“New York City will spend in 1910 $6,500 for making over twenty rooms in regular buildings, a first step in an entirely new plan of ventilation, which will eventually give outdoor air to all children, sick or well.”[8]
Speaking generally, America is one of the last of the civilized nations to deal with the subject of the medical inspection of school children upon a comprehensive and national scheme. But once aroused to the needs, it is safe to say that the nation will speedily educate parents to correct such home conditions as reduce the child’s ability to profit from schooling, and to persuade governments to see that safe homes are provided. It will be easy to convince the taxpayer that it is cheaper to provide such care than to neglect the future parent and citizen, for it is easy to prove that medical inspection in our schools returns large dividends on small investments. Dr. Luther Gulick says that it seems probable, though only a guess, that the total annual expenditure for medical inspection of schools in the United States at the present time is perhaps $500,000. The money saved by enabling thousands of children to do one year’s work in one year, instead of in two or three years, would greatly exceed the total expense of examining all children in all boroughs.[9]
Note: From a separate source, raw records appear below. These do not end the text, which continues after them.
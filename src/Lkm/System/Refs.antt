-- ===== src/Lkm/System/Refs.antt =====
-- alloc_get, alloc_put, alloc_create and alloc_destroy of lkm/core/api.c.
use shadow_stack_llvm.Prelude.{
  ℕ, ◌+◌, ◌-◌, ◌<◌, ◌≡◌, refl, sym, ap, ◌∙◌, ◌⊎◌, inl, inr, false, Option, none, some, arith, ◌==◌,
  update, Bool-cases, Option-cases,
}
use shadow_stack_llvm.Lkm.Memory.{Memory}
use shadow_stack_llvm.Lkm.PageTable.{PageTables}
use shadow_stack_llvm.Lkm.Xarray.{Xarray, Slot, free, reserved, entry, loaded}
use shadow_stack_llvm.Lkm.Threads.{ThreadDesc}
use shadow_stack_llvm.Lkm.System.{Desc, System, put_desc, alloc_find, alloc_get, alloc_put, focus}
use shadow_stack_llvm.Lkm.System.Keys.{Stacks}
use shadow_stack_llvm.Lkm.System.Invariant.{
  points, one, none_held, Inv, changed-Inv, same-Owns, update-cases, update-miss,
}

pub one_self : (p : ℕ) → one p p ≡ 1
one_self p = ground arith

pub one-other : (p q : ℕ) → (q == p) ≡ false → one p q ≡ 0
one-other p q miss = rw miss refl

pub loaded-entry : {V : Type 0} (u : Slot V) (p : V) → loaded u ≡ some p → u ≡ entry p
loaded-entry free p e = cc
loaded-entry reserved p e = cc
loaded-entry (entry q) p e = ap entry cc

module _ (m : Memory) (t : PageTables) (x : Xarray ThreadDesc) (reg : Xarray ℕ) where
  open m use {view}
  open x use {slot, size}

  -- Only the references to one descriptor change.
  put_desc-Inv :
      {extra extra' : ℕ → ℕ} {held : Stacks} (s : System m t x reg) (p : ℕ) (d : Desc m t x reg)
      (k : ℕ)
      → Inv m t x reg extra held s
      → s.desc p ≡ some d
      → ((q : ℕ) → (q == p) ≡ false → extra' q ≡ extra q)
      → k ≡ points (reg.slot s.sa_allocators d.tgid) p + size d.threads + extra' p
      → 0 < k
      → Inv m t x reg extra' held (put_desc m t x reg p (record d { kref = k }) s)
  put_desc-Inv s p d k i at_p off count pos =
      let f = focus m t x reg 0 d s in
      let own = same-Owns m t x reg s p d f i at_p i.gl (λ j v e. e) in
      let r = changed-Inv m t x reg s 0 p d f k i at_p off count pos own in
      record { table = r.table; counted = r.counted; alive = r.alive; gl = r.gl; owned = r.owned }

  -- alloc_get finds nothing and changes nothing, or gives a descriptor with one more reference.
  abbrev pub Got :
      System m t x reg → Stacks → ℕ → Option (ℕ × Desc m t x reg) × System m t x reg → Type 0
  Got s held tgid r =
      ((r.0 ≡ none) × (r.1 ≡ s))
      ⊎ ((p : ℕ) × (d : Desc m t x reg) × (d.tgid ≡ tgid)
          × (r.0 ≡ some (p, d))
          × (r.1 ≡ put_desc m t x reg p d s)
          × Inv m t x reg (one p) held (put_desc m t x reg p d s))

  pub get-Inv :
      {held : Stacks} (tgid : ℕ) (s : System m t x reg)
      → Inv m t x reg none_held held s
      → Got s held tgid (alloc_get m t x reg tgid s)
  unfolding alloc_get alloc_find
  get-Inv tgid s i = elim (Option-cases (loaded (reg.slot s.sa_allocators tgid))) [
    | inl e ↦ inl (rw (e, alloc_get) refl, rw (e, alloc_get) refl)
    | inr (p, e) ↦
        let (d, at_p, tg) = i.table tgid p (loaded-entry (reg.slot s.sa_allocators tgid) p e) in
        let positive = i.alive p d at_p in
        let not_zero : (d.kref == 0) ≡ false = ground arith in
        let n = i.counted p d at_p in
        inr (
          p,
          record d { kref = d.kref + 1 },
          tg,
          rw (e, at_p, not_zero, alloc_get) refl,
          rw (e, at_p, not_zero, alloc_get) refl,
          put_desc-Inv s p d (d.kref + 1) i at_p (λ q miss. one-other p q miss)
              (omega (arith, n, one_self p)) (omega arith),
        )
  ]

  -- A descriptor that the table does not have goes.
  removed-Inv :
      {held : Stacks} (s : System m t x reg) (p : ℕ) (d : Desc m t x reg)
      → Inv m t x reg (one p) held s
      → s.desc p ≡ some d
      → points (reg.slot s.sa_allocators d.tgid) p ≡ 0
      → Inv m t x reg none_held held (record s { desc = update s.desc p none })
  removed-Inv s p d i at_p off_table = record {
    table = λ g q e.
        let (dq, at_q, tg) = i.table g q e in
        elim (Bool-cases (q == p)) [
          | inl hit ↦
              let same : q ≡ p = ground (arith, hit) in
              let dd : some d ≡ some dq = sym at_p ∙ ap s.desc (sym same) ∙ at_q in
              let eq : d ≡ dq = cc in
              let of_d : d.tgid ≡ g = ap (λ (y : Desc m t x reg). y.tgid) eq ∙ tg in
              let pointed : points (reg.slot s.sa_allocators d.tgid) p ≡ 1 =
                rw (of_d, e, same) (one_self p) in
              ground (arith, pointed, off_table)
          | inr miss ↦ (dq, update-miss m t x reg s.desc p none q miss ∙ at_q, tg)
        ];
    counted = λ q dq e. elim (update-cases m t x reg s.desc p none q dq e) [
      | inl (same, made) ↦ cc
      | inr (miss, old) ↦ i.counted q dq old ∙ rw (one-other p q miss) refl
    ];
    alive = λ q dq e. elim (update-cases m t x reg s.desc p none q dq e) [
      | inl (same, made) ↦ cc
      | inr (miss, old) ↦ i.alive q dq old
    ];
    gl = i.gl;
    owned = λ q dq j v e h. elim (update-cases m t x reg s.desc p none q dq e) [
      | inl (same, made) ↦ cc
      | inr (miss, old) ↦ i.owned q dq j v old h
    ];
  }

  -- A reference that a call holds is dropped.
  pub put-Inv :
      {held : Stacks} (p : ℕ) (d : Desc m t x reg) (s : System m t x reg)
      → s.desc p ≡ some d
      → Inv m t x reg (one p) held s
      → Inv m t x reg none_held held (alloc_put m t x reg p s)
  unfolding alloc_put
  put-Inv p d s at_p i = elim (Bool-cases (d.kref == 1)) [
    | inr more ↦
        let n = i.counted p d at_p in
        rw (at_p, more, alloc_put)
          (put_desc-Inv s p d (d.kref - 1) i at_p (λ q miss. sym (one-other p q miss))
            (omega (arith, n, one_self p)) (let a = i.alive p d at_p in ground arith))
    | inl last ↦
        let last_one : d.kref ≡ 1 = ground (arith, last) in
        rw (at_p, last, alloc_put)
          (removed-Inv s p d i at_p (omega (arith, i.counted p d at_p, last_one, one_self p)))
  ]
The health of all our school children should be conserved by a system of competent medical inspection which should secure the correction of defects of eyes, ears, teeth, as well as defects due to infection or malnutrition.
The statistics of medical inspection in public schools tell a pitiful tale wherever it has been tried: thirty or forty per cent of the children are found with defective or diseased eyes, ten to twenty per cent with distorted spines, fifteen per cent with throat and nose troubles, all of which directly affect their intellectual proficiency.
When these deficiencies are discovered and reported to the parents, such is the apathy of disbelief that seventy-five per cent of the cases usually go unattended; therefore the school nurse, who follows the case home and explains the needs and sets forth the penalties, has become a necessity.
The parent who permits his child to go to school physically unfitted to profit from school opportunity is not only injuring his own child, but is injuring his neighbor’s child, and is taxing that neighbor without the latter’s consent.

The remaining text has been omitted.